=== Exercise objective ===
Where the word "configured" occurs in a line of the data, return the whole line.

=== Data to process ===

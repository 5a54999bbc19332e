-- ===== src/Relay/Registration/Waiting.antt =====
-- A registration is not lost while the Agent is not enrolled.
use pbxpulse_agent.Prelude.{
  ℕ, ◌+◌, String, ◌≡◌, refl, ◌∙◌, ap, sym, true, false, Option, none, some, List, [], ◌∷◌, eq_iff,
  any, is_truthy, strip, arith, Bool-cases, inl, inr,
}
use pbxpulse_agent.Json
use pbxpulse_agent.Json.{Fields}
use pbxpulse_agent.Relay.State.{
  Activation, RelayState, Reply, response, refused, failed, OutboxItem,
}
use pbxpulse_agent.Relay.Outbox.{is_registration, token_of, queue, flush}
use pbxpulse_agent.Relay.Publish.{ensure_enrolled, ask_status, after_status, adopt_claimed}
use pbxpulse_agent.Relay.Order.{registrations, queue-registrations}
use pbxpulse_agent.Relay.Requests.{ask, post}
use pbxpulse_agent.Relay.Registration.{
  Registration, Registered, registration_payload, deliver, register_device,
}

after_status-outbox : (r : Reply) (s : RelayState) → (after_status r s).0.outbox ≡ s.outbox
unfolding after_status adopt_claimed
after_status-outbox (response r) s = ground arith
after_status-outbox (refused status message) s = refl
after_status-outbox failed s = refl

module _ {W : Type 0} (url : String) (inquire : W → Activation → W × Reply) where
  ask_status-outbox :
      (w : W) (s : RelayState) (o : Option Activation)
      → (ask_status url inquire w s o).1.outbox ≡ s.outbox
  unfolding ask_status
  ask_status-outbox w s none = refl
  ask_status-outbox w s (some a) = ground (arith, after_status-outbox (inquire w a).1 s)

  -- Enrolling leaves the outbox alone.
  pub ensure_enrolled-outbox :
      (w : W) (s : RelayState) → (ensure_enrolled url inquire w s).1.outbox ≡ s.outbox
  unfolding ensure_enrolled
  ensure_enrolled-outbox w s = ground (arith, ask_status-outbox w s s.activation)

token_of-payload : (r : Registration) → token_of (registration_payload r) ≡ strip r.fcm_token
unfolding token_of registration_payload Json.has Json.get Json.to_text
token_of-payload r = refl

none_registered :
    (token : String) (l : List OutboxItem)
    → any (is_registration token) l ≡ false
    → registrations token l ≡ 0
none_registered token [] h = refl
none_registered token (x ∷ l) h = ground (arith, none_registered token l)

module _ {W : Type 0} (request : W → String → Fields → W × Reply) (hash : String → String)
    (url : String) where
  -- How a delivery ends, by what it reports.
  abbrev Ends : Registration → RelayState → RelayState × Registered → Type 0
  Ends r s (t, o) =
      (o.configured ≡ false → (t.outbox ≡ s.outbox) × (o.queued ≡ true) × (o.delivered ≡ false))
      × (o.delivered ≡ true
          → (o.configured ≡ true) × (registrations (strip r.fcm_token) t.outbox ≡ 0))

  abbrev ending : W × RelayState × Registered → RelayState × Registered
  ending (w, s, o) = (s, o)

  deliver-Ends :
      (r : Registration) (at : ℕ) (w : W) (s : RelayState)
      → Ends r s (ending (deliver request hash url r at w s))
  unfolding deliver
  deliver-Ends r at w s =
      let token = strip r.fcm_token in
      let (w1, s1, enrolled) = ensure_enrolled url (ask request) w s in
      let (w2, s2) = flush (post request s1.agent_id) at w1 s1 in
      elim (Bool-cases enrolled) [
        | inr out ↦ rw (out) (
          λ c. (ensure_enrolled-outbox url (ask request) w s, refl, refl),
          λ d. absurd (ground arith),
        )
        | inl on ↦ elim (Bool-cases (any (is_registration token) s2.outbox)) [
          | inl left ↦ rw (on, left) (λ c. absurd (ground arith), λ d. absurd (ground arith))
          | inr gone ↦
              rw (on, gone)
                (
                  λ c. absurd (ground arith),
                  λ d. (refl, ground (arith, none_registered token s2.outbox gone)),
                )
        ]
      ]

  abbrev pub queued_state : Registration → RelayState → RelayState
  queued_state r s = queue "devices" (registration_payload r) (record s {
    device_registration_attempt_revision = s.device_registration_attempt_revision + 1;
  })

  pub register_device_lem :
      (r : Registration) (at : ℕ) (w : W) (s : RelayState)
      → is_truthy (strip r.fcm_token) ≡ true
      → register_device request hash url r at w s
        ≡ deliver request hash url r at w (queued_state r s)
  unfolding register_device
  register_device_lem r at w s h = simp (h)

  queued_once :
      (r : Registration) (s : RelayState)
      → registrations (strip r.fcm_token) (queued_state r s).outbox ≡ 1
  queued_once r s =
      let counted = record s {
        device_registration_attempt_revision = s.device_registration_attempt_revision + 1;
      } in
      ground (
        arith,
        (queue-registrations (registration_payload r) counted (strip r.fcm_token)).0,
        token_of-payload r,
        eq_iff (strip r.fcm_token) (strip r.fcm_token),
      )

  -- While the Agent is not enrolled, a registration with a token waits in the outbox, once, and is
  -- reported as queued.
  pub register_device-registrations :
      (r : Registration) (at : ℕ) (w : W) (s : RelayState)
      → is_truthy (strip r.fcm_token) ≡ true
      → (register_device request hash url r at w s).2.configured ≡ false
      → (registrations (strip r.fcm_token) (register_device request hash url r at w s).1.outbox ≡ 1)
        × ((register_device request hash url r at w s).2.queued ≡ true)
        × ((register_device request hash url r at w s).2.delivered ≡ false)
  register_device-registrations r at w s h c =
      let same = register_device_lem r at w s h in
      let ends = deliver-Ends r at w (queued_state r s) in
      let (out, waiting, undelivered) = ends.0 (sym (ap (λ p. p.2.configured) same) ∙ c) in
      (
        ap (λ p. registrations (strip r.fcm_token) p.1.outbox) same
            ∙ ap (registrations (strip r.fcm_token)) out
            ∙ queued_once r s,
        ap (λ p. p.2.queued) same ∙ waiting,
        ap (λ p. p.2.delivered) same ∙ undelivered,
      )

  -- A registration is reported as delivered only if the Agent is enrolled, and no registration of
  -- the token waits in the outbox.
  register_device-delivered :
      (r : Registration) (at : ℕ) (w : W) (s : RelayState)
      → is_truthy (strip r.fcm_token) ≡ true
      → (register_device request hash url r at w s).2.delivered ≡ true
      → ((register_device request hash url r at w s).2.configured ≡ true)
        × (registrations (strip r.fcm_token) (register_device request hash url r at w s).1.outbox
            ≡ 0)
  register_device-delivered r at w s h d =
      let same = register_device_lem r at w s h in
      let ends = deliver-Ends r at w (queued_state r s) in
      let (on, gone) = ends.1 (sym (ap (λ p. p.2.delivered) same) ∙ d) in
      (
        ap (λ p. p.2.configured) same ∙ on,
        ap (λ p. registrations (strip r.fcm_token) p.1.outbox) same ∙ gone,
      )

=== Response area ===
      (o.configured ≡ false → (t.outbox ≡ s.outbox) × (o.queued ≡ true) × (o.delivered ≡ false))
          → (o.configured ≡ true) × (registrations (strip r.fcm_token) t.outbox ≡ 0))
      → (register_device request hash url r at w s).2.configured ≡ false
      let (out, waiting, undelivered) = ends.0 (sym (ap (λ p. p.2.configured) same) ∙ c) in
      → ((register_device request hash url r at w s).2.configured ≡ true)
        ap (λ p. p.2.configured) same ∙ on,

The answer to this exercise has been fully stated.